Thanks for that but the problem is more that an unknown reason causes
my older computer to travel through the web SLOW. Even though when I
have had it connected it connects at 28.8 Kbs it runs the internet, and
only the internet, slow-as if it connected in the single digits of Kbs.
Plus I lack a phone cord long enough for the computer to reach an
outlet as of right now.
I understand the way compute would work on the computer and I have
no problem with that.
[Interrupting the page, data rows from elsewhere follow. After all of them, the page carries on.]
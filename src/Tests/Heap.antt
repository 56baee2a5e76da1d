-- ===== src/Tests/Heap.antt =====
-- Slabs, free lists, batches, zombies and the radix tree.
use lzmalloc.Base.{
  ℕ, ◌+◌, ◌*◌, ◌%◌, ◌≤◌, ◌<◌, ◌≡◌, inr, refl, arith, none, if◌then◌else◌, update, ◌==◌, leb, ltb,
  ◌&&◌, [], ◌∷◌, ◌++◌, Chain,
}
use lzmalloc.Config.{huge_page_size, cache_line_size, sizeof_slab}
use lzmalloc.Huge.{set_range, steps}
use lzmalloc.Huge.Register.{set_range_get}
use lzmalloc.Memory.{World}
use lzmalloc.Rtree.{rtree_get, rtree_set, block_num, Root}
use lzmalloc.Rtree.Laws.{rtree_get-rtree_set}
use lzmalloc.Slab.{blank_slab, slab_of}
use lzmalloc.Slab.Geometry.{blank_slab-blocks}
use lzmalloc.Tests.World.{world0, os0, process0}
use lzmalloc.Thread.{Process, tlh_destructor, resurrect_zombie}
use lzmalloc.Thread.Zombies.{Zombies, zombie_links, resurrect_zombie-tlh_destructor}
use lzmalloc.Tlh.{push_node, pop_node, flush_outgoing_batch}
use lzmalloc.Tlh.Flush.{Segment, no_batch, flush_outgoing_batch-delivers}
use lzmalloc.Tlh.Free.{free_remote}
use lzmalloc.Tlh.Outgoing.{batch_of, IsBatch}
use lzmalloc.Tlh.Remote.{free_remote-IsBatch}
use lzmalloc.Tlh.FreeList.{Masked, FreeList, push_node-FreeList, pop_node-FreeList}

abbrev no_root : Root
no_root i = none

rtree_get-rtree_set_example :
    rtree_get 7000000 (rtree_set 6291456 6291456 (no_root, os0)).0
    ≡ (if block_num 6291456 == block_num 7000000 then 6291456 else rtree_get 7000000 no_root)
rtree_get-rtree_set_example =
    rtree_get-rtree_set 6291456 6291456 7000000 (no_root, os0) (omega arith) (omega arith)
      (inr (inr (4096, refl)))

set_range_get_example :
    rtree_get 9000000
      (set_range
        (steps (2 * huge_page_size))
        6291456
        (2 * huge_page_size)
        6291456
        0
        (no_root, os0)).0
    ≡ (if leb 6291456 9000000 && ltb 9000000 (6291456 + 2 * huge_page_size)
        then 6291456
        else rtree_get 9000000 no_root)
set_range_get_example =
    set_range_get 6291456 2 6291456 9000000 (no_root, os0) refl (omega arith) (omega arith)
      (inr (λ j. (4096, refl)))

blank_slab-blocks_example :
    ((blank_slab 6291456 3).bump_ptr ≡ (blank_slab 6291456 3).memory_base)
    × ((blank_slab 6291456 3).memory_base % cache_line_size ≡ 0)
    × (slab_of 6291456 + sizeof_slab ≤ (blank_slab 6291456 3).memory_base)
    × ((blank_slab 6291456 3).memory_end ≡ 6291456 + huge_page_size)
    × ((k : ℕ)
        → k < (blank_slab 6291456 3).max_objects
        → (blank_slab 6291456 3).memory_base + (k + 1) * (blank_slab 6291456 3).block_size
          ≤ (blank_slab 6291456 3).memory_end)
    × ((blank_slab 6291456 3).memory_end
        < (blank_slab 6291456 3).memory_base
          + ((blank_slab 6291456 3).max_objects + 1) * (blank_slab 6291456 3).block_size)
    × (63 ≤ (blank_slab 6291456 3).max_objects)
blank_slab-blocks_example = blank_slab-blocks 6291456 3 refl (omega arith) (omega arith)

world0-FreeList : FreeList world0 500 []
world0-FreeList = unfold Masked in refl

push_node-FreeList_example : FreeList (push_node 500 1024 world0) 500 (1024 ∷ [])
push_node-FreeList_example =
    push_node-FreeList 500 1024 world0 [] (omega arith) (omega arith) (omega arith) refl
      world0-FreeList

pop_node-FreeList_example :
    ((pop_node 500 (push_node 500 1024 world0)).0 ≡ 1024)
    × FreeList (pop_node 500 (push_node 500 1024 world0)).1 500 []
pop_node-FreeList_example = pop_node-FreeList 500 1024 (push_node 500 1024 world0) [] (
    push_node-FreeList 500 1024 world0 [] (omega arith) (omega arith) (omega arith) refl
      world0-FreeList)

-- thread heap 100 has a batch of two blocks for heap 200
abbrev batched : World
batched = record world0 {
  nodes = update world0.nodes 5000 6000;
  tlhs = update world0.tlhs 100 (record (world0.tlhs 100) {
    outgoing_batch = record { target_tlh = 200; head = 5000; tail = 6000; count = 2 };
  });
}

two_blocks : Segment batched.nodes 5000 6000 (5000 ∷ 6000 ∷ [])
two_blocks = unfold Segment in (refl, ground arith, refl, (refl, refl, ground arith))

flush_outgoing_batch-delivers_example :
    Chain
      (flush_outgoing_batch 100 batched).nodes
      ((flush_outgoing_batch 100 batched).tlhs 200).remote_free_head
      ((5000 ∷ 6000 ∷ []) ++ [])
    × (((flush_outgoing_batch 100 batched).tlhs 100).outgoing_batch ≡ no_batch)
flush_outgoing_batch-delivers_example =
    flush_outgoing_batch-delivers 100 batched (5000 ∷ 6000 ∷ []) [] (ground arith) (ground arith)
      two_blocks refl (λ a m. refl)

-- a heap that ends when another one is on the list
abbrev one_zombie : Process
one_zombie = record process0 { zombie_tlhs = 4096 }

resurrect_zombie-tlh_destructor_example :
    let q = tlh_destructor 8192 one_zombie in
    let r = resurrect_zombie q in
    Zombies q (8192 ∷ 4096 ∷ [])
    × (r.0 ≡ 8192)
    × Zombies r.1 (4096 ∷ [])
    × (zombie_links r.1.world 8192 ≡ 0)
resurrect_zombie-tlh_destructor_example =
    resurrect_zombie-tlh_destructor 8192 (4096 ∷ []) one_zombie (ground arith) refl
      (refl, λ e. omega (arith, e), refl, refl)

free_remote-IsBatch_example :
    let w' = free_remote 100 200 7000 batched in
    let b = batch_of 100 w' in
    (b.target_tlh ≡ 200)
    × (b.count ≤ 64)
    × IsBatch w'.nodes b (7000 ∷ 5000 ∷ 6000 ∷ [])
    × Chain w'.nodes (w'.tlhs 200).remote_free_head []
free_remote-IsBatch_example =
    free_remote-IsBatch 100 200 7000 batched (5000 ∷ 6000 ∷ []) [] (ground arith) (omega arith)
      (inr (ground arith)) (refl, inr two_blocks) refl (λ a m. refl) refl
Thousands of old computers that do little better
than pure number crunching are just sitting in forgotten corners or
school computer labs that don't get updated... what wasted processing
power...I wish to use my computer but CAN NOT network it for both very
physical reasons and pratality reasons(your 15 seconds would probaly
end up like 15 minutes).I worry not about the age of the number
cruncher but the network ability.
So now I ask what do I do so that I don't have to join the network
with my older computer.?Again. I still wish to use compute on it
though.
Oh, and for anyone wondring just what my computer is it is a '97
cybermax with a 6x86MX Cyrix processor running currently 260(aprrox. +
or - a few)megahurtz. It has 14 gigs of storage,128 mb of SDRAM, and
runs a very toned down windows Xp(at least for a while longer).

Dave (Geek) Smith

unread,
Mar 10, 2006, 8:03:39 PM3/10/06
to
Just a thought: try downloading the command line client and installing
it (NOT as a service) on the (USB?) drive. When the client starts
processing, stop it and move the drive to the other machine and start
it up. I'm not sure what will happen when it completes, but my guess
would be that it will try to send the results and fail. Then, move the
drive over to the Internet connected machine and start the client - it
should immediately upload the results and download the next work unit.
When it starts processing, stop it and move it. Rinse, repeat.

smith

Red Ed

unread,
Mar 12, 2006, 1:30:29 PM3/12/06
to
Thank You. Now the only thing i would like is for you to explain this;

"try downloading the command line client and installing
it (NOT as a service) on the (USB?) drive.",for me so that my stupid
self can understand it just a little better.Thank you very much. It
would be a USB memory stick(256mb), though I'd like the actual compute
part on the old computers harddrive with just the "packets" on the
memory stick. Maybe a CD-RW would work?... Thank you very much agian.